La Sierra Leone annonce la relance de son opérateur historique avec un partenaire privé
mercredi 15 avril 2026
Le marché télécoms sierra-léonais est actuellement dominé par trois acteurs privés. Ils se partagent un parc mobile national fort de 8,2 millions d’abonnements en 2024, selon les sources officielles.
Les autorités sierra-léonaises veulent relancer l’opérateur historique des télécommunications, Sierratel, en difficulté depuis plusieurs années. Le gouvernement a conclu un accord avec un partenaire privé afin de rétablir et repositionner l’entreprise selon un nouveau modèle d’exploitation.
L’initiative a été annoncée le mardi 14 avril, à l’occasion d’une réunion réunissant le personnel de l’entreprise ainsi que le ministère de l’Emploi et le ministère de la Communication, de la Technologie et de l’Innovation.

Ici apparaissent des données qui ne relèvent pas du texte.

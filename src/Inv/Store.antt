-- ===== src/Inv/Store.antt =====
-- `StoreBlock` of internal/inv/inv.go on the tree of blocks.
use mathlib.Core.Path.{subst}
use basiccoin.Base.{
  ℕ, ◌+◌, ◌^◌, ◌<◌, ◌≡◌, ◌≢◌, sym, ◌∙◌, ap, true, not, some, none, arith, inl, inr, length,
}
use basiccoin.Base.Result.{ok, >>=-eq-ok, guard-eq-ok}
use basiccoin.Base.Word.{add64}
use basiccoin.Collections.Map as Map
use basiccoin.Collections.Map.{
  Map, lookup-insert, has-insert, has_of_lookup, lookup_of_has, lookup_of_not_has,
  length-insert_new, lookup-insert_old, lookup-insert_cases,
}
use basiccoin.Core.Block.{Block, block_hash}
use basiccoin.Core.Verify.{verify_block}
use basiccoin.Core.Verify.BlockRules.{verify_block_sound}
use basiccoin.Hash.{HashT, IsHash, hash_eq, zero_hash, big_int, work_append_target, lt}
use basiccoin.Hash.Digest.{Sha256, dhash_hashes, dhash_bytes-IsHash}
use basiccoin.Hash.Value.{lt→big_int-lt, big_int-zero_hash}
use basiccoin.Hash.Target.{work_append_target-lt}
use basiccoin.Inv.{
  Inv, BlockRecord, store_block, verifier_view, get_block_total_work, get_block_height, has_block,
}
use basiccoin.Inv.Reads.{get_block_total_work-eq-ok, get_block_height-eq-ok}
use basiccoin.Inv.Invariant.{IsBlockTree, IsValid, HasParent}

-- A block under a new id, above a stored parent, keeps the tree.
insert-IsBlockTree :
    (blocks : Map HashT BlockRecord) (id : HashT) (r p : BlockRecord)
    → IsBlockTree blocks
    → Map.lookup id blocks ≡ none
    → Map.lookup r.block.prev_block_id blocks ≡ some p
    → r.height ≡ p.height + 1
    → IsHash r.total_work
    → big_int p.total_work < big_int r.total_work
    → IsBlockTree (Map.insert id r blocks)
insert-IsBlockTree blocks id r p t new known up v more = record {
  root = t.root;
  root_known = lookup-insert_old id zero_hash r t.root blocks new t.root_known;
  root_height = t.root_height;
  parent = λ j w ne found. elim (lookup-insert_cases id j r w blocks found) [
    | inl (_, same) ↦ subst (HasParent (Map.insert id r blocks)) same (kept r (p, known, up, more))
    | inr old ↦ kept w (t.parent j w ne old)
  ];
  below = λ j w found. elim (lookup-insert_cases id j r w blocks found) [
    | inl (_, same) ↦ omega (
      arith,
      ap (λ (x : BlockRecord). x.height) same,
      t.below r.block.prev_block_id p known,
      length-insert_new id r blocks new,
    )
    | inr old ↦ omega (arith, t.below j w old, length-insert_new id r blocks new)
  ];
  work = λ j w found. elim (lookup-insert_cases id j r w blocks found) [
    | inl (_, same) ↦ subst (λ x. IsHash x.total_work) same v
    | inr old ↦ t.work j w old
  ];
}
  where
    kept : (w : BlockRecord) → HasParent blocks w → HasParent (Map.insert id r blocks) w
    kept w (q, found, high, heavy) =
        (q, lookup-insert_old id w.block.prev_block_id r q blocks new found, high, heavy)

pub target_nonzero :
    ⦃sha : Sha256⦄ (b : Block)
    → IsHash b.target
    → lt (block_hash b) b.target ≡ true
    → b.target ≢ zero_hash
unfolding block_hash dhash_hashes
target_nonzero b vt beats e =
    let less = lt→big_int-lt (block_hash b) b.target (dhash_bytes-IsHash _) vt beats in
    absurd (omega (arith, less, ap big_int e, big_int-zero_hash))

-- What a stored block adds.
pub store_block-eq-ok :
    ⦃sha : Sha256⦄ (now : ℕ) (inv : Inv) (b : Block) {inv' : Inv}
    → IsBlockTree inv.blocks
    → IsHash b.target
    → store_block now inv b ≡ ok inv'
    → (p : BlockRecord) × (total_work : HashT) × (Map.lookup (block_hash b) inv.blocks ≡ none)
      × (Map.lookup b.prev_block_id inv.blocks ≡ some p)
      × IsHash total_work
      × (big_int p.total_work < big_int total_work)
      × (record inv {
        blocks =
            Map.insert
              (block_hash b)
              (record { block = b; height = add64 p.height 1; total_work = total_work })
              inv.blocks;
      }
          ≡ inv')
unfolding store_block has_block
store_block-eq-ok now inv b {inv'} t vt e =
    let (fresh, e₁) = guard-eq-ok (not (has_block inv (block_hash b))) _ _ e in
    let (_, checked, e₂) =
      >>=-eq-ok (verify_block inv.core_params (verifier_view inv) now b) _ e₁ in
    let (prev_work, work_ok, e₃) = >>=-eq-ok (get_block_total_work inv b.prev_block_id) _ e₂ in
    let (prev_height, height_ok, e₄) = >>=-eq-ok (get_block_height inv b.prev_block_id) _ e₃ in
    let (total_work, total_ok, e₅) = >>=-eq-ok (work_append_target prev_work b.target) _ e₄ in
    let (p, known, same_work) = get_block_total_work-eq-ok inv b.prev_block_id work_ok in
    let (q, known', same_height) = get_block_height-eq-ok inv b.prev_block_id height_ok in
    let same : q ≡ p = cc in
    let beats =
      (verify_block_sound inv.core_params (verifier_view inv) now b checked).beats_target in
    let (v, more) =
      work_append_target-lt prev_work b.target total_work vt (target_nonzero b vt beats) total_ok in
    let height : prev_height ≡ p.height =
      sym same_height ∙ ap (λ (x : BlockRecord). x.height) same in
    (
      p,
      total_work,
      lookup_of_not_has (block_hash b) inv.blocks (ground arith),
      known,
      v,
      subst (λ w. big_int w < big_int total_work) (sym same_work) more,
      subst
          (λ h.
            record inv {
              blocks =
                  Map.insert (block_hash b)
                    (record { block = b; height = add64 h 1; total_work = total_work }) inv.blocks;
            }
            ≡ inv')
          height (cc),
    )

-- If `StoreBlock` succeeds on a valid inventory with fewer than 2^64 blocks and a target of 32
-- bytes, the inventory stays valid: the blocks are a tree under the zero block in which the
-- height of a block is one more than its parent's and its total work is larger, and no path of
-- merkle nodes is a cycle.
pub store_block-IsValid :
    ⦃sha : Sha256⦄ (now : ℕ) (inv : Inv) (b : Block) {inv' : Inv}
    → IsValid inv
    → IsHash b.target
    → length inv.blocks < 2 ^ 64
    → store_block now inv b ≡ ok inv'
    → IsValid inv'
store_block-IsValid now inv b v vt few e =
    let (p, total_work, new, known, vw, more, done) = store_block-eq-ok now inv b v.tree vt e in
    let stored : BlockRecord = record {
      block = b;
      height = add64 p.height 1;
      total_work = total_work;
    } in
    subst IsValid done (record {
      tree =
          insert-IsBlockTree inv.blocks (block_hash b) stored p v.tree new known
            (omega (arith, v.tree.below b.prev_block_id p known)) vw more;
      forest = v.forest;
    })
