-- ===== src/Chain/Loop/Growth.antt =====
-- What the stores of internal/inv/inv.go bring to the chain's inventory.
use basiccoin.Base.{ℕ, ◌<◌, ◌^◌, ◌≡◌, refl, sym, ◌∙◌, ap, not, length, arith, some, none, inl, inr}
use basiccoin.Base.Result as Result
use basiccoin.Base.Result.{Result, ok, >>=-eq-ok, guard-eq-ok, ok-injective}
use basiccoin.Base.Word.{add64}
use basiccoin.Chain.Loop.Sound.{Grows}
use basiccoin.Chain.State.Index.Moves.{IsKeyed}
use basiccoin.Collections.Map as Map
use basiccoin.Collections.Map.{
  has-insert_old, length-insert_new, lookup-insert_old, lookup-insert_cases, lookup_of_not_has,
}
use basiccoin.Core.Block.{Block, MerkleNode, block_hash, merkle_hash}
use basiccoin.Core.Crypto.{Ecdsa}
use basiccoin.Core.Tx.{Tx, tx_hash, vsize}
use basiccoin.Core.Verify.{verify_tx, verify_merkle}
use basiccoin.Hash.{HashT, IsHash, hash_eq}
use basiccoin.Hash.Digest.{Sha256}
use basiccoin.Inv.{
  Inv, BlockRecord, has_block, has_merkle, has_tx, get_tx, TxRecord, store_tx, store_merkle,
  store_block, get_entity_vsize, add_right_size, verifier_view,
}
use basiccoin.Inv.Forest.{store_tx-IsValid, store_merkle-IsValid}
use basiccoin.Inv.Invariant.{IsValid}
use basiccoin.Inv.Store.{store_block-IsValid, store_block-eq-ok}

get_tx-found :
    (inv : Inv) (id : HashT) (tx : Tx)
    → get_tx inv id ≡ ok tx
    → (r : TxRecord) × (Map.lookup id inv.txs ≡ some r) × (r.tx ≡ tx)
unfolding get_tx
get_tx-found inv id tx e = ground arith

found-get_tx :
    (inv : Inv) (id : HashT) (r : TxRecord)
    → Map.lookup id inv.txs ≡ some r
    → get_tx inv id ≡ ok r.tx
unfolding get_tx
found-get_tx inv id r e = rw e refl

same_txs-get_tx :
    (inv inv' : Inv) (id : HashT) → inv'.txs ≡ inv.txs → get_tx inv' id ≡ get_tx inv id
unfolding get_tx
same_txs-get_tx inv inv' id same =
    ap (λ m. Result.◌>>=◌ (Map.get id m) (λ (r : TxRecord). ok r.tx)) same

module _ ⦃sha : Sha256⦄ where
  same_txs-IsKeyed : (inv inv' : Inv) → inv'.txs ≡ inv.txs → IsKeyed inv → IsKeyed inv'
  same_txs-IsKeyed inv inv' same keyed id tx found =
      keyed id tx (sym (same_txs-get_tx inv inv' id same) ∙ found)

  pub store_tx-Grows :
      ⦃ecdsa : Ecdsa⦄ (inv : Inv) (tx : Tx) (inv' : Inv)
      → IsValid inv
      → IsKeyed inv
      → store_tx inv tx ≡ ok inv'
      → Grows 0 inv inv'
  unfolding store_tx has_tx has_block
  store_tx-Grows inv tx inv' v keyed e =
      let (fresh, e₁) = guard-eq-ok (not (has_tx inv (tx_hash tx))) _ _ e in
      let (_, _, e₂) = >>=-eq-ok (verify_tx inv.core_params (verifier_view inv) tx) _ e₁ in
      let r : TxRecord = record { tx = tx; vsize = vsize tx } in
      let same : record inv { txs = Map.insert (tx_hash tx) r inv.txs } ≡ inv' =
        ok-injective _ inv' e₂ in
      let new : Map.lookup (tx_hash tx) inv.txs ≡ none =
        lookup_of_not_has (tx_hash tx) inv.txs (ground arith) in
      let txs : Map.insert (tx_hash tx) r inv.txs ≡ inv'.txs = ap (λ (i : Inv). i.txs) same in
      record {
        valid = store_tx-IsValid inv tx v e;
        blocks = omega (arith, ap (λ (i : Inv). length i.blocks) same);
        kept = λ id old. ap (λ (i : Inv). has_block i id) (sym same) ∙ old;
        keyed = λ id tx' found.
            let (w, at, w_tx) = get_tx-found inv' id tx' found in
            elim (lookup-insert_cases (tx_hash tx) id r w inv.txs (ap (Map.lookup id) txs ∙ at)) [
              | inl (here, stored) ↦
                  ap tx_hash (sym w_tx) ∙ ap (λ (x : TxRecord). tx_hash x.tx) (sym stored) ∙ here
              | inr old ↦ keyed id tx' (found-get_tx inv id w old ∙ ap ok w_tx)
            ];
        txs_kept = λ id tx' found.
            let (w, at, w_tx) = get_tx-found inv id tx' found in
            let still : Map.lookup id inv'.txs ≡ some w =
              ap (Map.lookup id) (sym txs) ∙ lookup-insert_old (tx_hash tx) id r w inv.txs new at in
            found-get_tx inv' id w still ∙ ap ok w_tx;
      }

  pub store_merkle-Grows :
      (inv : Inv) (node : MerkleNode) (inv' : Inv)
      → IsValid inv
      → IsKeyed inv
      → store_merkle inv node ≡ ok inv'
      → Grows 0 inv inv'
  unfolding store_merkle has_block
  store_merkle-Grows inv node inv' v keyed e =
      let (_, e₁) = guard-eq-ok (not (has_merkle inv (merkle_hash node))) _ _ e in
      let (_, _, e₂) = >>=-eq-ok (verify_merkle inv.core_params (verifier_view inv) node) _ e₁ in
      let (l_size, _, e₃) = >>=-eq-ok (get_entity_vsize inv node.l_child) _ e₂ in
      let (total, _, e₄) = >>=-eq-ok (add_right_size inv node l_size) _ e₃ in
      let txs : inv'.txs ≡ inv.txs = ap (λ (i : Inv). i.txs) (sym (ok-injective _ inv' e₄)) in
      let blocks : inv'.blocks ≡ inv.blocks =
        ap (λ (i : Inv). i.blocks) (sym (ok-injective _ inv' e₄)) in
      record {
        valid = store_merkle-IsValid inv node v e;
        blocks = omega (arith, ap length blocks);
        kept = λ id old. ap (Map.has id) blocks ∙ old;
        keyed = same_txs-IsKeyed inv inv' txs keyed;
        txs_kept = λ id tx found. same_txs-get_tx inv inv' id txs ∙ found;
      }

  -- A block more.
  pub store_block-Grows :
      (now : ℕ) (inv : Inv) (b : Block) (inv' : Inv)
      → IsValid inv
      → IsKeyed inv
      → IsHash b.target
      → length inv.blocks < 2 ^ 64
      → store_block now inv b ≡ ok inv'
      → Grows 1 inv inv'
  unfolding has_block
  store_block-Grows now inv b inv' v keyed vt few e =
      let (p, total_work, new, _, _, _, done) = store_block-eq-ok now inv b v.tree vt e in
      let r : BlockRecord = record {
        block = b;
        height = add64 p.height 1;
        total_work = total_work;
      } in
      let blocks : Map.insert (block_hash b) r inv.blocks ≡ inv'.blocks =
        ap (λ (i : Inv). i.blocks) done in
      let txs : inv'.txs ≡ inv.txs = ap (λ (i : Inv). i.txs) (sym done) in
      record {
        valid = store_block-IsValid now inv b v vt few e;
        blocks = omega (arith, length-insert_new (block_hash b) r inv.blocks new, ap length blocks);
        kept = λ id old.
            ap (Map.has id) (sym blocks) ∙ has-insert_old (block_hash b) id r inv.blocks old;
        keyed = same_txs-IsKeyed inv inv' txs keyed;
        txs_kept = λ id tx found. same_txs-get_tx inv inv' id txs ∙ found;
      }
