-- ===== src/Chain/Loop/Stores.antt =====
-- The loops of `handleCandidateHead` in internal/chain/chain.go that store what an event brings.
use mathlib.Core.Path.{subst}
use basiccoin.Base.{
  ℕ, ◌+◌, ◌≤◌, ◌≡◌, sym, ◌∙◌, ap, Bool, true, false, List, [], ◌∷◌, All, length, arith,
  if◌then◌else◌,
}
use basiccoin.Base.Result.{Result, ok, ok-injective}
use basiccoin.Chain.Keeps.{and_then-holds, add_mempool_tx-SameLedger}
use basiccoin.Chain.Handlers.{
  Chain, CandidateHead, Handler, and_then, accept_tx, insert_txs, insert_merkles, insert_blocks,
  insert_all,
}
use basiccoin.Chain.Loop.Sound.{IsSound, Grows, less_room, set_inv-IsSound, SameLedger-IsSound}
use basiccoin.Chain.Loop.Growth.{store_tx-Grows, store_merkle-Grows, store_block-Grows}
use basiccoin.Chain.State.Index.Moves.{IsKeyed}
use basiccoin.Chain.State.{State, add_mempool_tx}
use basiccoin.Core.Block.{Block, MerkleNode, block_hash, merkle_hash}
use basiccoin.Core.Crypto.{Ecdsa}
use basiccoin.Core.Tx.{Tx, FloatOps, tx_hash}
use basiccoin.Hash.{IsHash, hash_eq}
use basiccoin.Hash.Digest.{Sha256}
use basiccoin.Inv.{Inv, has_block, has_merkle, has_tx, get_tx, store_tx, store_merkle, store_block}
use basiccoin.Inv.Invariant.{IsValid}

module _ (F : Type 0) ⦃float : FloatOps F⦄ ⦃sha : Sha256⦄ (room : ℕ) where
  pub accept_tx-IsSound :
      ⦃ecdsa : Ecdsa⦄ (tx : Tx) (c : Chain F) → IsSound room c → IsSound room (accept_tx tx c).0
  unfolding accept_tx
  accept_tx-IsSound tx c s =
      let put : State F → Handler F (Unit {0}) = λ t d. (record d { state = t }, ok tt) in
      let add : Inv → Handler F (Unit {0}) =
        λ inv d. and_then put (record d { inv = inv }) (add_mempool_tx inv (tx_hash tx) d.state) in
      and_then-holds (IsSound room) add c (store_tx c.inv tx) s (λ inv stored.
        let s' : IsSound room (record c { inv = inv }) =
          set_inv-IsSound 0 room room c inv (omega arith) s
            (store_tx-Grows c.inv tx inv s.valid s.keyed stored) in
        and_then-holds (IsSound room) put (record c { inv = inv })
          (add_mempool_tx inv (tx_hash tx) c.state) s'
          (λ t added.
            SameLedger-IsSound room (record c { inv = inv }) t s'
              (add_mempool_tx-SameLedger inv (tx_hash tx) c.state t added)))

  insert_txs-IsSound :
      ⦃ecdsa : Ecdsa⦄ (txs : List Tx) (c : Chain F)
      → IsSound room c
      → IsSound room (insert_txs txs c).0
  unfolding insert_txs
  insert_txs-IsSound [] c s = s
  insert_txs-IsSound (tx ∷ txs) c s =
      let first : Chain F × Result (Unit {0}) =
        if has_tx c.inv (tx_hash tx) then (c, ok tt) else accept_tx tx c in
      and_then-holds (IsSound room) (λ _. insert_txs txs) first.0 first.1
        (stored (has_tx c.inv (tx_hash tx)))
        (λ _ _. insert_txs-IsSound txs first.0 (stored (has_tx c.inv (tx_hash tx))))
    where
      stored : (b : Bool) → IsSound room (if b then (c, ok tt) else accept_tx tx c).0
      stored true = s
      stored false = accept_tx-IsSound tx c s

  unless_known :
      (known : Bool) (c : Chain F) (r : Result Inv) (n before : ℕ)
      → room + n ≤ before
      → IsSound before c
      → ((inv : Inv) → r ≡ ok inv → Grows n c.inv inv)
      → (inv : Inv) → (if known then ok c.inv else r) ≡ ok inv
      → IsSound room (record c { inv = inv })
  unless_known true c r n before le s grows inv e =
      let same : c.inv ≡ inv = ok-injective c.inv inv e in
      set_inv-IsSound n before room c inv le s (record {
        valid = subst IsValid same s.valid;
        blocks = omega (arith, ap (λ (i : Inv). length i.blocks) same);
        kept = λ id h. ap (λ (i : Inv). has_block i id) (sym same) ∙ h;
        keyed = subst IsKeyed same s.keyed;
        txs_kept = λ id tx h. ap (λ (i : Inv). get_tx i id) (sym same) ∙ h;
      })
  unless_known false c r n before le s grows inv e =
      set_inv-IsSound n before room c inv le s (grows inv e)

  insert_merkles-IsSound :
      (nodes : List MerkleNode) (c : Chain F)
      → IsSound room c
      → IsSound room (insert_merkles nodes c).0
  unfolding insert_merkles
  insert_merkles-IsSound [] c s = s
  insert_merkles-IsSound (node ∷ nodes) c s =
      let rest : Inv → Handler F (Unit {0}) =
        λ inv d. insert_merkles nodes (record d { inv = inv }) in
      and_then-holds (IsSound room) rest c
        (if has_merkle c.inv (merkle_hash node) then ok c.inv else store_merkle c.inv node) s
        (λ inv e.
          insert_merkles-IsSound nodes (record c { inv = inv })
            (unless_known (has_merkle c.inv (merkle_hash node)) c (store_merkle c.inv node) 0 room
              (omega arith) s
              (λ inv' stored. store_merkle-Grows c.inv node inv' s.valid s.keyed stored) inv e))

abbrev pub HasTarget : Block → Type 0
HasTarget b = IsHash b.target

module _ (F : Type 0) ⦃float : FloatOps F⦄ ⦃sha : Sha256⦄ where
  insert_blocks-IsSound :
      (now : ℕ) (bs : List Block) (room : ℕ) (c : Chain F)
      → All HasTarget bs
      → IsSound (length bs + room) c
      → IsSound room (insert_blocks now bs c).0
  unfolding insert_blocks
  insert_blocks-IsSound now [] room c targets s = less_room (0 + room) room c (omega arith) s
  insert_blocks-IsSound now (b ∷ bs) room c targets s =
      let rest : Inv → Handler F (Unit {0}) =
        λ inv d. insert_blocks now bs (record d { inv = inv }) in
      and_then-holds (IsSound room) rest c
        (if has_block c.inv (block_hash b) then ok c.inv else store_block now c.inv b)
        (less_room (length (b ∷ bs) + room) room c (omega arith) s)
        (λ inv e.
          insert_blocks-IsSound now bs room (record c { inv = inv }) targets.1
            (unless_known F (length bs + room) (has_block c.inv (block_hash b)) c
              (store_block now c.inv b) 1 (length (b ∷ bs) + room) (omega arith) s
              (λ inv' stored.
                store_block-Grows now c.inv b inv' s.valid s.keyed targets.0 (omega (arith, s.fits))
                  stored)
              inv e))

  pub insert_all-IsSound :
      ⦃ecdsa : Ecdsa⦄ (now : ℕ) (event : CandidateHead) (room : ℕ) (c : Chain F)
      → All HasTarget event.blocks
      → IsSound (length event.blocks + room) c
      → IsSound room (insert_all now event c).0
  unfolding insert_all
  insert_all-IsSound now event room c targets s =
      let n : ℕ = length event.blocks + room in
      let c₁ : Chain F = (insert_txs event.txs c).0 in
      let s₁ : IsSound n c₁ = insert_txs-IsSound F n event.txs c s in
      let c₂ : Chain F = (insert_merkles event.merkles c₁).0 in
      let s₂ : IsSound n c₂ = insert_merkles-IsSound F n event.merkles c₁ s₁ in
      let less : (d : Chain F) → IsSound n d → IsSound room d =
        λ d. less_room n room d (omega arith) in
      and_then-holds (IsSound room)
        (λ _ d.
          and_then (λ _. insert_blocks now event.blocks) (insert_merkles event.merkles d).0
            (insert_merkles event.merkles d).1)
        c₁ (insert_txs event.txs c).1 (less c₁ s₁)
        (λ _ _.
          and_then-holds (IsSound room) (λ _. insert_blocks now event.blocks) c₂
            (insert_merkles event.merkles c₁).1 (less c₂ s₂)
            (λ _ _. insert_blocks-IsSound now event.blocks room c₂ targets s₂))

Dans le cadre de ce partenariat, un paiement anticipé de 2 millions de dollars est prévu pour amorcer le règlement des engagements envers les employés, estimés à environ 6,3 millions de dollars. Outre le règlement des arriérés, l’exécutif entend agir sur plusieurs axes tels que la modernisation des infrastructures, la gestion de la dette extérieure et l’amélioration des conditions de travail.
« Cette relance constitue une étape importante pour restaurer les activités de Sierratel, préserver les actifs nationaux de télécommunications, améliorer la qualité des services et bâtir un secteur plus solide et durable », a indiqué le ministère chargé des TIC dans un communiqué.
Entre défis technologiques et financiers
Le déclin de Sierratel s’explique, selon les autorités, par une combinaison de contraintes technologiques et financières étroitement liées. À son arrivée au pouvoir en 2018, le gouvernement estime avoir hérité d’une entreprise déjà fortement dégradée, lourdement endettée envers ses employés, ses fournisseurs et plusieurs créanciers internationaux.
Ces engagements couvrent notamment des arriérés de salaires, des indemnités de fin de service, des allocations de congés et des cotisations syndicales, ainsi que des dettes envers des partenaires commerciaux et des institutions financières étrangères. L’entreprise devait en particulier plus de 35 millions de dollars à deux banques, une charge désormais assumée par l’État.
À ces difficultés financières s’est ajoutée l’obsolescence des infrastructures. Les choix technologiques opérés autour de 2014, avec un investissement massif dans le CDMA, avaient initialement permis à l’opérateur d’améliorer ses performances commerciales. Mais le basculement rapide du marché mondial vers le GSM a progressivement marginalisé cette technologie, rendant les équipements de Sierratel inadaptés.
Ce décalage technologique a accéléré la perte de compétitivité de l’entreprise. La migration des abonnés vers des réseaux concurrents plus performants a entraîné une contraction des revenus, plongeant l’opérateur dans une spirale de fragilité financière. Incapable de faire face à ses engagements, notamment le paiement régulier des salaires, Sierratel a vu ses passifs s’accumuler au fil des années.
Au‑delà des équilibres financiers, la crise a également eu des répercussions sociales notables. Les retards de paiement ont affecté les conditions de vie des employés, certains étant confrontés à des difficultés croissantes pour faire face à des dépenses essentielles, notamment en matière d’éducation.
Un marché national dominé par les acteurs privés
À sa relance, Sierratel devra se faire une place sur un marché télécoms national dominé par des acteurs privés. Selon les données du régulateur télécoms, Africell comptait 4,46 millions d’abonnements à la téléphonie mobile à fin décembre 2024, pour une part de marché de 55 %. Suivent Orange et Qcell, qui contrôlaient respectivement 38 % et 7 % du parc national d’abonnements mobiles, estimé à 8,2 millions. La dernière donnée concernant Sierratel remonte à 2019, avec une part de marché de 1,95 %.
Sur le segment de la data mobile, Orange est leader du marché avec 2,16 millions d’abonnements et une part de marché de 60 % à fin décembre 2023. Africell contrôlait alors 27 % du parc national, contre 13 % pour Qcell.
Le gouvernement sierra-léonais reste toutefois convaincu que l’avenir de Sierratel dépendra de réformes audacieuses et d’investissements stratégiques pour retrouver sa place dans un environnement numérique en pleine évolution.